Corretor 3.0 – Você está preparado para o novo mercado?

6 de Outubro de 2017

Por: Assessoria de Imprensa CRECI-SC

A profissão de corretor de imóveis completou em agosto, 55 anos de regulamentação, mas registros apontam que com a vinda da família real portuguesa para o Brasil, em 1808, o número de habitantes da capital dobrou e as cidades começaram a tomar uma forma mais urbana. Com essa infraestrutura e esse crescimento surgiu a atividade dos agentes de negócios imobiliários.

                Naquela época além de ter um caderno de apontamentos na mão, muita disposição e o sonho de vencer na vida, o agente imobiliário intermediava negócios imobiliários utilizando os anúncios nos jornais para divulgar suas ofertas, e a sola dos sapatos para identificar os vendedores e deles adquirir a autorização para a venda. Os anúncios de jornal, comprovando a comercialização de imóveis, surgiram a partir de 1821, junto com a introdução da imprensa no país.

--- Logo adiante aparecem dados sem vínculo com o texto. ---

-- ===== src/Grep/Matching.antt =====
-- What a pattern means, and that the matcher decides it.
use cs461_hw.Base.{
  ℕ, ◌≡◌, refl, ◌≢◌, ◌↔◌, ◌⊎◌, inl, inr, Bool, true, ◌||◌, List, [], ◌∷◌, ◌++◌, ap, ◌==◌,
  Bool-cases, arith,
}
use cs461_hw.Grep.{matchstar, at_end, one, matchhere, anywhere, matches}

-- The character `t` fits the pattern character `c`.
abbrev pub Fits : ℕ → ℕ → Type 0
Fits c t = (c ≡ b'.') ⊎ (c ≡ t)

abbrev pub AllFit : ℕ → List ℕ → Type 0
AllFit c [] = Unit
AllFit c (t ∷ ts) = Fits c t × AllFit c ts

-- `Here re text`: the pattern `re`, without `^`, matches a prefix of `text`.
pub data Here : List ℕ → List ℕ → Type 0 where
  done : {text : List ℕ} → Here [] text
  end_of_text : {c : ℕ} → c ≡ b'$' → Here (c ∷ []) []
  last_char : {c t : ℕ} {ts : List ℕ} → c ≢ b'$' → Fits c t → Here (c ∷ []) (t ∷ ts)
  next_char :
      {c d t : ℕ} {re ts : List ℕ}
      → d ≢ b'*'
      → Fits c t
      → Here (d ∷ re) ts
      → Here (c ∷ d ∷ re) (t ∷ ts)
  starred :
      {c d : ℕ} {re text : List ℕ} (xs ys : List ℕ)
      → d ≡ b'*'
      → text ≡ xs ++ ys
      → AllFit c xs
      → Here re ys
      → Here (c ∷ d ∷ re) text

abbrev Stars : (List ℕ → Type 0) → ℕ → List ℕ → Type 0
Stars P c text = (xs : List ℕ) × (ys : List ℕ) × (text ≡ xs ++ ys) × AllFit c xs × P ys

or-true : (a b : Bool) → (a || b) ≡ true → (a ≡ true) ⊎ (b ≡ true)
or-true a b h = ground arith

matchstar_sound :
    (rest : List ℕ → Bool) (P : List ℕ → Type 0)
    → ((ts : List ℕ) → rest ts ≡ true → P ts)
    → (c : ℕ) (text : List ℕ) → matchstar rest c text ≡ true
    → Stars P c text
unfolding matchstar
matchstar_sound rest P f c [] h = ([], [], refl, tt, f [] h)
matchstar_sound rest P f c (t ∷ ts) h = elim (or-true _ _ h) [
  | inl e ↦ ([], t ∷ ts, refl, tt, f (t ∷ ts) e)
  | inr e ↦
      let fits : Fits c t = ground arith in
      let (xs, ys, eq, all, p) = matchstar_sound rest P f c ts (ground arith) in
      (t ∷ xs, ys, ap (λ l. t ∷ l) eq, (fits, all), p)
]

matchstar_complete :
    (rest : List ℕ → Bool) (c : ℕ) (xs ys : List ℕ)
    → AllFit c xs
    → rest ys ≡ true
    → matchstar rest c (xs ++ ys) ≡ true
unfolding matchstar
matchstar_complete rest c [] [] all h = h
matchstar_complete rest c [] (y ∷ ys) all h = ground arith
matchstar_complete rest c (x ∷ xs) ys all h =
    ground (arith, matchstar_complete rest c xs ys all.1 h)

one_sound :
    (c : ℕ) (rest : List ℕ → Bool) (text : List ℕ)
    → one c rest text ≡ true
    → (t : ℕ) × (ts : List ℕ) × (text ≡ t ∷ ts) × Fits c t × (rest ts ≡ true)
unfolding one
one_sound c rest [] h = cc
one_sound c rest (t ∷ ts) h = (t, ts, refl, ground arith, ground arith)

Here-char :
    {c d : ℕ} {re : List ℕ} (text : List ℕ) (t : ℕ) (ts : List ℕ)
    → text ≡ t ∷ ts
    → d ≢ b'*'
    → Fits c t
    → Here (d ∷ re) ts
    → Here (c ∷ d ∷ re) text
Here-char text t ts e ne f h = rw e (next_char ne f h)

matchhere_sound : (re text : List ℕ) → matchhere re text ≡ true → Here re text
unfolding matchhere one at_end
matchhere_sound [] text h = done
matchhere_sound (c ∷ []) [] h = end_of_text (ground arith)
matchhere_sound (c ∷ []) (t ∷ ts) h = last_char (ground arith) (ground arith)
matchhere_sound (c ∷ d ∷ re) text h = elim (Bool-cases (d == b'*')) [
  | inl e ↦
      let (xs, ys, eq, all, p) =
        matchstar_sound (matchhere re) (Here re) (matchhere_sound re) c text (rw e at h) in
      starred xs ys (ground arith) eq all p
  | inr e ↦
      let (t, ts, eq, f, r) = one_sound c (matchhere (d ∷ re)) text (rw e at h) in
      Here-char text t ts eq (ground arith) f (matchhere_sound (d ∷ re) ts r)
]

matchhere_complete : {re text : List ℕ} → Here re text → matchhere re text ≡ true
unfolding matchhere one at_end
matchhere_complete done = refl
matchhere_complete (end_of_text e) = ground arith
matchhere_complete (last_char ne f) = ground arith
matchhere_complete (next_char ne f h) = ground (arith, matchhere_complete h)
matchhere_complete (starred {c} {d} {re} xs ys e eq all h) =
    rw eq (ground (arith, matchstar_complete (matchhere re) c xs ys all (matchhere_complete h)))

-- `matchhere` decides whether the pattern matches a prefix of the text: it answers 1 exactly on
-- the patterns and texts of `Here`.
pub matchhere_iff : (re text : List ℕ) → (matchhere re text ≡ true) ↔ Here re text
matchhere_iff re text = (matchhere_sound re text, λ h. matchhere_complete h)

anywhere_sound :
    (re text : List ℕ)
    → anywhere re text ≡ true
    → (pre : List ℕ) × (suf : List ℕ) × (text ≡ pre ++ suf) × Here re suf
unfolding anywhere
anywhere_sound re [] h = ([], [], refl, matchhere_sound re [] h)
anywhere_sound re (t ∷ ts) h = elim (or-true _ _ h) [
  | inl e ↦ ([], t ∷ ts, refl, matchhere_sound re (t ∷ ts) e)
  | inr e ↦ let (pre, suf, eq, p) = anywhere_sound re ts e in (t ∷ pre, suf, ap (λ l. t ∷ l) eq, p)
]

anywhere_complete :
    (re pre suf : List ℕ) → matchhere re suf ≡ true → anywhere re (pre ++ suf) ≡ true
unfolding anywhere
anywhere_complete re [] [] h = h
anywhere_complete re [] (t ∷ ts) h = ground arith
anywhere_complete re (p ∷ pre) suf h = ground (arith, anywhere_complete re pre suf h)

-- The pattern matches somewhere in the text; `^` ties it to the start.
abbrev pub Found : List ℕ → List ℕ → Type 0
Found re text = (pre : List ℕ) × (suf : List ℕ) × (text ≡ pre ++ suf) × Here re suf

abbrev pub Meaning : List ℕ → List ℕ → Type 0
Meaning [] text = Found [] text
Meaning (c ∷ re) text = ((c ≡ b'^') × Here re text) ⊎ ((c ≢ b'^') × Found (c ∷ re) text)

Found-anywhere : (re text : List ℕ) → Found re text → anywhere re text ≡ true
Found-anywhere re text (pre, suf, eq, h) =
    rw eq (anywhere_complete re pre suf (matchhere_complete h))

-- `match` answers 1 exactly if the pattern, without a leading `^`, matches at some position of the
-- text, and at the start of the text where the pattern has the `^`.
pub matches_iff : (re text : List ℕ) → (matches re text ≡ true) ↔ Meaning re text
unfolding matches
matches_iff [] text = (anywhere_sound [] text, Found-anywhere [] text)
matches_iff (c ∷ re) text = elim (Bool-cases (c == b'^')) [
  | inl e ↦ rw e (λ h. inl (ground arith, matchhere_sound re text h), λ m. caret (ground arith) m)
  | inr e ↦
      rw e (λ h. inr (ground arith, anywhere_sound (c ∷ re) text h), λ m. plain (ground arith) m)
]
  where
    caret : c ≡ b'^' → Meaning (c ∷ re) text → matchhere re text ≡ true
    caret e (inl (_, h)) = matchhere_complete h
    caret e (inr (n, _)) = absurd (n e)

    plain : c ≢ b'^' → Meaning (c ∷ re) text → anywhere (c ∷ re) text ≡ true
    plain n (inl (e, _)) = absurd (n e)
    plain n (inr (_, f)) = Found-anywhere (c ∷ re) text f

Passados mais de 195 anos muita coisa mudou no país, na política, na economia e na maneira de pensar das pessoas, fazendo com que acontecesse uma mudança também nos perfis e modelos de negócios. Estamos vivendo a globalização, um processo econômico e social que estabelece uma integração entre os países e as pessoas. É através da globalização que pessoas, governos e empresas do mundo todo trocam ideias, realizam transações financeiras e comerciais, propagando a diversidade cultural em todo o planeta e difundindo o modelo de economia compartilhada, a exemplo do UBER que é um dos mais conhecidos serviços que utilizam esse tipo de economia.

Carlos Nepomuceno, jornalista, consultor e professor que pesquisa há mais de 11 anos as causas e consequências da chegada da internet para a sociedade, esteve em Florianópolis no dia 21 de setembro, a convite da Câmara Empresarial do Mercado Imobiliário da Fecomércio SC, para falar sobre essas mudanças e os impactos no setor imobiliário na palestra: “Mercado Imobiliário 3.0”.  

Para Nepomuceno a chegada das novas mídias promoveu uma mudança civilizacional, que permite um tipo de colaboração mais horizontal e descentralizada, essa mudança é citada por ele como revolução 3.0. Segundo o professor, essa mudança de mentalidade torna a pessoa mais questionadora, ela começa a amadurecer e o consumidor fica mais exigente obrigando as empresas e as pessoas que oferecem serviços, a adotar um novo modelo administrativo. “Não temos um novo ser humano, mas recursos tecnológicos objetivos que permitem o aumento da colaboração”.

Mas o corretor de imóveis deve se preocupar com essas mudanças? Para Carlos Nepomuceno, deve sim. As demandas mudaram, as pessoas buscam relações de confiança e se baseiam nas experiências e vivências compartilhadas por outras pessoas através de um clique, por isso os corretores de imóveis devem se preocupar muito com sua reputação digital, com sua presença nas plataformas online. É comum hoje as pessoas recorrerem a internet para pesquisarem determinados serviços ou profissionais antes de contrata-los, por isso, se não há nenhuma informação sua na internet, nessa era digital em que vivemos, você está perdendo muitas oportunidades.

Para Nepomuceno não existe uma fórmula para transformar os corretores de imóveis em profissionais 3.0, ele acredita que ainda não aconteceu a “Uberização” dos imóveis, mas os profissionais que desejam se destacar quando ela chegar devem pensar em um novo modelo de venda, como separar as áreas de uma imobiliária, aplicar conceitos de curadorias, coaching imobiliário, e outros procedimentos que possam reinventar intermediação.

Ainda na palestra Carlos Nepomuceno afirmou que o Mercado Imobiliário não está em crise e sim o Brasil. “O problema é como entramos no Mercado Imobiliário, por isso defendo a ideia do corretor de imóveis trabalhar em plataformas que possibilitem reconstruir seu modelo de qualidade  sem perder a taxa de competição, afinal a competição do corretor de imóveis é com o futuro”.